27. The polynucleotide vaccine composition of claim 26, wherein the nucleic acid sequence encoding the antigen is further modified to include a heterologous signal sequence derived from a second phylum or second kingdom, wherein the signal sequence is operably linked to the antigen-encoding sequence.

28. The polynucleotide vaccine composition of claim 27, wherein the heterologous signal sequence comprises a hemagglutinin A (HA) signal sequence.

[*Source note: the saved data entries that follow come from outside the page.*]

-- ===== src/Promotions/Tests.antt =====
-- The theorems of the promotion engine on a small cart, in whole numbers.
use smart_light.Prelude.{ℕ, ◌≤◌, pos, true, false, List, [], ◌∷◌, none, some, ◌≡◌, refl, map, leb}
use smart_light.Promotions.Amount.{whole, ℕ-IsOrdered, IsOrdered}
use smart_light.Promotions.Types.{Promotion, CartContext, PromotionType, DiscountScope}
use smart_light.Promotions.Engine.{discount, evaluate, validate, sort}
use smart_light.Promotions.Engine.Bounds.{discount_within, evaluate_within}
use smart_light.Promotions.Engine.Stacking.{
  applied_count, evaluate_one_of_each, evaluate-sort, IsByPriority,
}
use smart_light.Promotions.Engine.Single.{evaluate-validate}
use smart_light.Promotions.Engine.Order.{occurrences}

instance abbrev ordered : IsOrdered ℕ
ordered = ℕ-IsOrdered

-- A fifth off the order, thirty off the order, and ten off the shipping fee.
abbrev fifth_off : Promotion ℕ
fifth_off = record {
  id = 1;
  type = PromotionType.percentage;
  scope = DiscountScope.order;
  discount_value = 20;
  minimum_order_value = 0;
  maximum_discount = some 15;
  start_at = 0;
  end_at = 100;
  priority = pos 2;
  stackable = false;
  product_targets = [];
  category_targets = [];
  brand_targets = [];
  created_at = 0;
}

abbrev thirty_off : Promotion ℕ
thirty_off = record fifth_off {
  id = 2;
  type = PromotionType.fixed_amount;
  discount_value = 30;
  maximum_discount = none;
  priority = pos 3;
}

abbrev ten_off_shipping : Promotion ℕ
ten_off_shipping = record thirty_off {
  id = 3;
  type = PromotionType.free_shipping;
  discount_value = 10;
}

abbrev cart : CartContext ℕ
cart = record {
  items =
      record { product_variant_id = 7; category_id = none; brand_id = none; line_subtotal = 100 }
      ∷ [];
  shipping_fee = 25;
  subtotal = 100;
}

abbrev offers : List (Promotion ℕ)
offers = fifth_off ∷ thirty_off ∷ ten_off_shipping ∷ []

abbrev noon : ℕ → ℕ
noon i = 50

discount_within_example :
    (leb 0 (discount fifth_off 100) ≡ true)
    × (leb (discount fifth_off 100) 100 ≡ true)
    × (leb (discount fifth_off 100) 15 ≡ true)
discount_within_example = discount_within fifth_off 100 15 refl refl refl

evaluate_within_example :
    (leb 0 (evaluate noon offers cart).final_subtotal ≡ true)
    × (leb (evaluate noon offers cart).final_subtotal 100 ≡ true)
    × (leb 0 (evaluate noon offers cart).final_shipping_fee ≡ true)
    × (leb (evaluate noon offers cart).final_shipping_fee 25 ≡ true)
    × (leb 0 (evaluate noon offers cart).shipping_discount ≡ true)
evaluate_within_example = evaluate_within noon offers cart refl refl (refl, (refl, (refl, tt)))

evaluate-sort_example :
    (map (λ e. e.promotion_id) (evaluate noon offers cart).evaluations
      ≡ map (λ p. p.id) (sort offers))
    × ((id : ℕ) → occurrences id (sort offers) ≡ occurrences id offers)
    × IsByPriority (sort offers)
evaluate-sort_example = evaluate-sort noon offers cart

evaluate_one_of_each_example :
    (applied_count true (evaluate noon offers cart).evaluations ≤ 1)
    × (applied_count false (evaluate noon offers cart).evaluations ≤ 1)
evaluate_one_of_each_example = evaluate_one_of_each noon offers cart (refl, (refl, (refl, tt)))

evaluate-validate_example :
    (evaluate noon (fifth_off ∷ []) cart).evaluations ≡ validate 50 fifth_off cart ∷ []
evaluate-validate_example = evaluate-validate noon fifth_off cart refl
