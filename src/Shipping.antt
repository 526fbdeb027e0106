-- ===== src/Shipping.antt =====
-- modules/shipping: shipments of orders and the webhooks of their carriers.
pub mod Status
pub mod Tables
pub mod Service
pub mod Trail
pub mod Webhooks
pub mod Creation
pub mod History
pub mod Terminal
mod Tests
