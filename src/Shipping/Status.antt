-- ===== src/Shipping/Status.antt =====
-- modules/shipping/constants and interfaces: the states of a shipment and their transitions; and
-- modules/shipping/exceptions.
use smart_light.Prelude.{ℕ, ℤ, String, Bool, false, ◌||◌, List, [], ◌∷◌, ◌==◌}
use smart_light.Orders.Status.{OrderStatus}

pub data ShipmentStatus : Type 0 where
  created waiting_pickup picked_up in_transit out_for_delivery delivered failed returning returned
        cancelled :
      ShipmentStatus

-- The place of a status in the enum.
abbrev pub place : ShipmentStatus → ℕ
place created = 0
place waiting_pickup = 1
place picked_up = 2
place in_transit = 3
place out_for_delivery = 4
place delivered = 5
place failed = 6
place returning = 7
place returned = 8
place cancelled = 9

-- `===` on statuses
abbrev pub is_status : ShipmentStatus → ShipmentStatus → Bool
is_status a b = place a == place b

-- `includes`
unfoldable pub includes : List ShipmentStatus → ShipmentStatus → Bool
includes [] s = false
includes (a ∷ rest) s = is_status a s || includes rest s

-- SHIPMENT_TRANSITIONS
unfoldable pub shipment_transitions : ShipmentStatus → List ShipmentStatus
shipment_transitions created = waiting_pickup ∷ cancelled ∷ []
shipment_transitions waiting_pickup = picked_up ∷ cancelled ∷ []
shipment_transitions picked_up = in_transit ∷ failed ∷ returning ∷ []
shipment_transitions in_transit = out_for_delivery ∷ failed ∷ returning ∷ []
shipment_transitions out_for_delivery = delivered ∷ failed ∷ returning ∷ []
shipment_transitions delivered = []
shipment_transitions failed = returning ∷ cancelled ∷ []
shipment_transitions returning = returned ∷ []
shipment_transitions returned = []
shipment_transitions cancelled = []

pub data ShippingProvider : Type 0 where
  ghn ghtk viettel_post ahamove grab_express : ShippingProvider

abbrev pub provider_place : ShippingProvider → ℕ
provider_place ghn = 0
provider_place ghtk = 1
provider_place viettel_post = 2
provider_place ahamove = 3
provider_place grab_express = 4

abbrev pub same_provider : ShippingProvider → ShippingProvider → Bool
same_provider a b = provider_place a == provider_place b

pub data CallbackOutcome : Type 0 where
  picked_up in_transit out_for_delivery delivered failed returned cancelled : CallbackOutcome

-- CALLBACK_TO_SHIPMENT_STATUS
abbrev pub callback_status : CallbackOutcome → ShipmentStatus
callback_status picked_up = ShipmentStatus.picked_up
callback_status in_transit = ShipmentStatus.in_transit
callback_status out_for_delivery = ShipmentStatus.out_for_delivery
callback_status delivered = ShipmentStatus.delivered
callback_status failed = ShipmentStatus.failed
callback_status returned = ShipmentStatus.returned
callback_status cancelled = ShipmentStatus.cancelled

pub data ShipmentEvent : Type 0 where
  created status_changed tracking_updated delivered returned failed : ShipmentEvent

-- `mapOutcomeToEvent`
abbrev pub map_outcome_to_event : CallbackOutcome → ShipmentEvent
map_outcome_to_event delivered = ShipmentEvent.delivered
map_outcome_to_event returned = ShipmentEvent.returned
map_outcome_to_event failed = ShipmentEvent.failed
map_outcome_to_event _ = status_changed

pub data ShippingError : Type 0 where
  shipment_not_found : ℕ → ShippingError
  order_not_found : ℕ → ShippingError
  order_not_shippable : ℕ → OrderStatus → ShippingError
  -- the same exception with 'NO_ITEMS' for the status
  order_without_items : ℕ → ShippingError
  active_shipment_exists : ℕ → ℕ → ShippingError
  invalid_transition : ℕ → ShipmentStatus → ShipmentStatus → ShippingError
  not_cancellable : ℕ → ShipmentStatus → ShippingError
  already_delivered : ℕ → ShippingError
  invalid_provider : ShippingProvider → ShippingError
  provider_error : ShippingProvider → ShippingError
  -- what a gateway threw: its text
  gateway_error : String → ShippingError
  weight_exceeds_limit : ℤ → ShippingError
  unauthorized_shipment_access : ℕ → ℕ → ShippingError
  -- the database's refusal of UNIQUE columns that are taken
  unique_violation : ShippingError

29. The polynucleotide vaccine composition of claim 26, wherein at least one codon of the nucleic acid sequence encoding the antigen is modified from a wild type sequence of the non-host species to an analogous codon of a host species.

30. The polynucleotide vaccine composition of claim 26, wherein the antigen is Amb a1.

31. The polynucleotide vaccine composition of claim 26, wherein the immunomodulatory nucleic acid molecule comprises a sequence selected from the group consisting of 5′-rrcgyy-3′, 5′-rycgyy-3′, 5′-rrcgyycg-3′, 5′-rycgyycg-3′ or 5′-(TCG)n-3′.

32. The polynucleotide vaccine composition of claim 26, wherein the immunomodulatory nucleic acid molecule comprises a sequence selected from the group consisting of: AACGTT, AGCGTT, GACGTT, GGCGTT, AACGTC, AGCGTC, GACGTC, GGCGTC, AACGCC, AGCGCC, GACGCC, GGCGCC, AACGCT, AGCGCT, GACGCT, GGCGCT, ATCGTT, ACCGTT, GTCGTT, GCCGTT, ATCGTC, ACCGTC, GTCGTC, GCCGTC, ATCGCT, ACCGCT, GTCGCT, GCCGCT, ATCGCC, ACCGCC, GTCGCC, GCCGCC, AACGTTCG, AGCGTTCG, GACGTTCG, GGCGTTCG, AACGTCCG, AGCGTCCG, GACGTCCG, GGCGTCCG, AACGCCCG, AGCGCCCG, GACGCCCG, GGCGCCCG, AACGCTCG, AGCGCTCG, GACGCTCG, GGCGCTCG, ATCGTTCG, ACCGTTCG, GTCGTTCG, GCCGTTCG, ATCGTCCG, ACCGTCCG, GTCGTCCG, GCCGTCCG, ATCGCTCG, ACCGCTCG, GTCGCTCG, GCCGCTCG, ATCGCCCG, ACCGCCCG, GTCGCCCG and GCCGCCCG.